If we have a simulator, we can run it live and generate data on the fly. Here is one tool to facilitate that.
INRIA’s Melissa (Ribés and Raffin 2020; Terraz et al. 2017)
Melissa is a file-avoiding, fault-tolerant, and elastic framework to run large-scale sensitivity analysis (Melissa-SA) and large-scale deep surrogate training (Melissa-DL) on supercomputers. With Melissa-SA, the largest runs so far involved up to 30k cores, executed 80,000 parallel simulations, and generated 288 TB of intermediate data that did not need to be stored on the file system …
Classical sensitivity analysis and deep surrogate training consist of running different instances of a simulation with different sets of input parameters, storing the results to disk to later read them back to train a Neural Network or compute the required statistics.
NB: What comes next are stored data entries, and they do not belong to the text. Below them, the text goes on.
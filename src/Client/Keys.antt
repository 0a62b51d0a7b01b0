-- ===== src/Client/Keys.antt =====
-- client/src/keys.rs: the key pairs in memory, and the public manifest. Their files are in `Files`.
pub mod Files
pub mod Generated
use Prim.Native.String.{String}
use solana_hybrid_pq_account.Base.{ℕ, ◌==◌, ◌++◌, Bytes, length}
use solana_hybrid_pq_account.Program.Runtime.{Runtime}
use solana_hybrid_pq_account.Client.Crates.{Crates}
use solana_hybrid_pq_account.Client.Error.{Result, ok, ◌>>◌, require, ed25519_key}

-- `SigningKey` is its seed.
pub record Ed25519Keypair : Type 0 where
  pub signing : Bytes

pub record FalconKeypair : Type 0 where
  pub public : Bytes
  pub secret : Bytes

unfoldable pub from_seed : Bytes → Result Ed25519Keypair
from_seed seed = do
  require (length seed == 32) (ed25519_key "seed must be 32 bytes")
  ok (record { signing = seed })

pub record KeySet : Type 0 where
  pub format : String
  pub ed25519_public_key : String
  pub falcon512_public_key : String
  pub falcon512_public_key_sha256 : String
  pub falcon512_prepared_public_key_len : ℕ
  pub notes : String

module _ (c : Crates) where
  unfoldable pub public_bytes : Ed25519Keypair → Bytes
  public_bytes ed = c.ed25519_public ed.signing

  unfoldable pub id_json_bytes : Ed25519Keypair → Bytes
  unfolding public_bytes
  id_json_bytes ed = ed.signing ++ public_bytes ed

module _ (rt : Runtime) (c : Crates) where
  -- `KeySet::build`
  unfoldable pub build : Ed25519Keypair → FalconKeypair → KeySet
  unfolding public_bytes
  build ed falcon = record {
    format = "dualkey-keyset-v1";
    ed25519_public_key = c.hex_encode (public_bytes c ed);
    falcon512_public_key = c.hex_encode falcon.public;
    falcon512_public_key_sha256 = c.hex_encode (rt.sha256 falcon.public);
    falcon512_prepared_public_key_len = 1024;
    notes = "Public material only. Secret keys live in 0600 files and never on-chain.";
  }
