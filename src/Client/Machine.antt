-- ===== src/Client/Machine.antt =====
-- The files of the client's machine, and what std and the operating system do for it: a failing
-- step returns its error and leaves the machine in the state that it has reached.
pub mod Success
use Prim.Native.String.{String}
use text.Mathlib.Text.{◌==◌ as str_eq}
use solana_hybrid_pq_account.Base.{
  ℕ, ◌+◌, ◌≡◌, Bool, true, false, ◌&&◌, Option, none, some, List, [], Bytes, if◌then◌else◌,
}
use solana_hybrid_pq_account.Program.Runtime.{Instruction}
use solana_hybrid_pq_account.Client.Error.{ClientError, Result, ok, err, io}

-- A directory, and a name in it.
pub record FilePath : Type 0 where
  pub dir : String
  pub name : String

abbrev pub path_eq : FilePath → FilePath → Bool
path_eq p q = str_eq p.name q.name && str_eq p.dir q.dir

pub record File : Type 0 where
  pub content : Bytes
  pub mode : ℕ

-- solana_transaction's `Transaction`: what `new_with_payer` is given, the blockhash, the signatures.
pub record Transaction : Type 0 where
  pub payer : Bytes
  pub instructions : List Instruction
  pub recent_blockhash : Bytes
  pub signatures : List Bytes

-- `draws` counts the calls of what is randomized; `posted` has the transactions that a node was given,
-- the last one first.
pub record Machine : Type 0 where
  pub files : FilePath → Option File
  pub dir_modes : String → Option ℕ
  pub draws : ℕ
  pub posted : List Transaction

-- The refusals of the operating system, as the texts of its errors, and its other answers.
pub record Os : Type 0 where
  pub open_error : FilePath → Option String
  pub write_error : FilePath → Option String
  -- How much of a write that fails has reached the file.
  pub written : FilePath → Bytes → Bytes
  pub sync_error : FilePath → Option String
  pub mode_error : FilePath → Option String
  pub read_error : FilePath → Option String
  pub create_dir_error : String → Option String
  pub dir_mode_error : String → Option String
  pub not_found : String
  -- The mode of a new file, by the mode that is asked for.
  pub masked : ℕ → ℕ
  pub display : FilePath → String
  -- `OsRng` and `falcon512::keypair`, by the number of the call: a seed; a public and a secret key.
  pub random_seed : ℕ → Bytes
  pub falcon_keypair : ℕ → Bytes × Bytes

abbrev pub M {ℓ} : Type ℓ → Type ℓ
M A = Machine → Result A × Machine

abbrev pub continue {ℓ κ} :
    {A : Type ℓ} {B : Type κ} → Result A × Machine → (A → M B) → Result B × Machine
continue (ok a, m) rest = rest a m
continue (err e, m) rest = (err e, m)

infixl 5 ◌>>=◌ ◌>>◌
abbrev pub ◌>>=◌ {ℓ κ} : {A : Type ℓ} {B : Type κ} → M A → (A → M B) → M B
◌>>=◌ first rest m = continue (first m) rest

abbrev pub ◌>>◌ {ℓ} : {B : Type ℓ} → M (Unit {0}) → M B → M B
first >> rest = first >>= λ _. rest

abbrev pub pure {ℓ} : {A : Type ℓ} → A → M A
pure a m = (ok a, m)

abbrev pub lift {ℓ} : {A : Type ℓ} → Result A → M A
lift r m = (r, m)

-- The number of the next randomized call.
abbrev pub draw : M ℕ
draw m = (ok m.draws, record m { draws = m.draws + 1 })

-- A call of the operating system about a path, with what it leaves where it fails.
abbrev pub os_call :
    String → Option String → (Machine → Machine) → (Machine → Machine) → M (Unit {0})
os_call shown none done failed m = (ok tt, done m)
os_call shown (some text) done failed m = (err (io shown text), failed m)

abbrev pub put : FilePath → File → Machine → Machine
put p f m = record m { files = λ q. if path_eq q p then some f else m.files q }

abbrev pub set_dir_mode : String → ℕ → Machine → Machine
set_dir_mode dir mode m = record m {
  dir_modes = λ d. if str_eq d dir then some mode else m.dir_modes d;
}

-- The file, if it is there, with other content or another mode.
abbrev pub with_content : Bytes → Option File → Option File
with_content bytes none = none
with_content bytes (some f) = some (record f { content = bytes })

abbrev pub with_mode : ℕ → Option File → Option File
with_mode mode none = none
with_mode mode (some f) = some (record f { mode = mode })

abbrev pub change : FilePath → (Option File → Option File) → Machine → Machine
change p f m = record m { files = λ q. if path_eq q p then f (m.files q) else m.files q }

-- `create(true).truncate(true).mode(mode)`
abbrev pub opened : ℕ → Option File → Option File
opened mode none = some (record { content = []; mode = mode })
opened mode (some f) = some (record f { content = [] })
The amount of storage needed can quickly become overwhelming, with the associated long read time making data processing time-consuming. To avoid this pitfall, scientists reduce their study size by running low-resolution simulations or down-sampling output data in space and time.
Melissa (Fig. 1) bypasses this limitation by avoiding intermediate file storage. Melissa processes the data online (in transit), enabling very large-scale data processing:
Working out which data to simulate to optimally train the neural network (active learning) is a key part of the problem, and I’m not aware of much work in that area.
Bhan et al. (2024) tackles the closely related problem of controlling PDEs. Kim, Kim, and Lee (2024) is the only actual active learning approach I have seen in recent literature.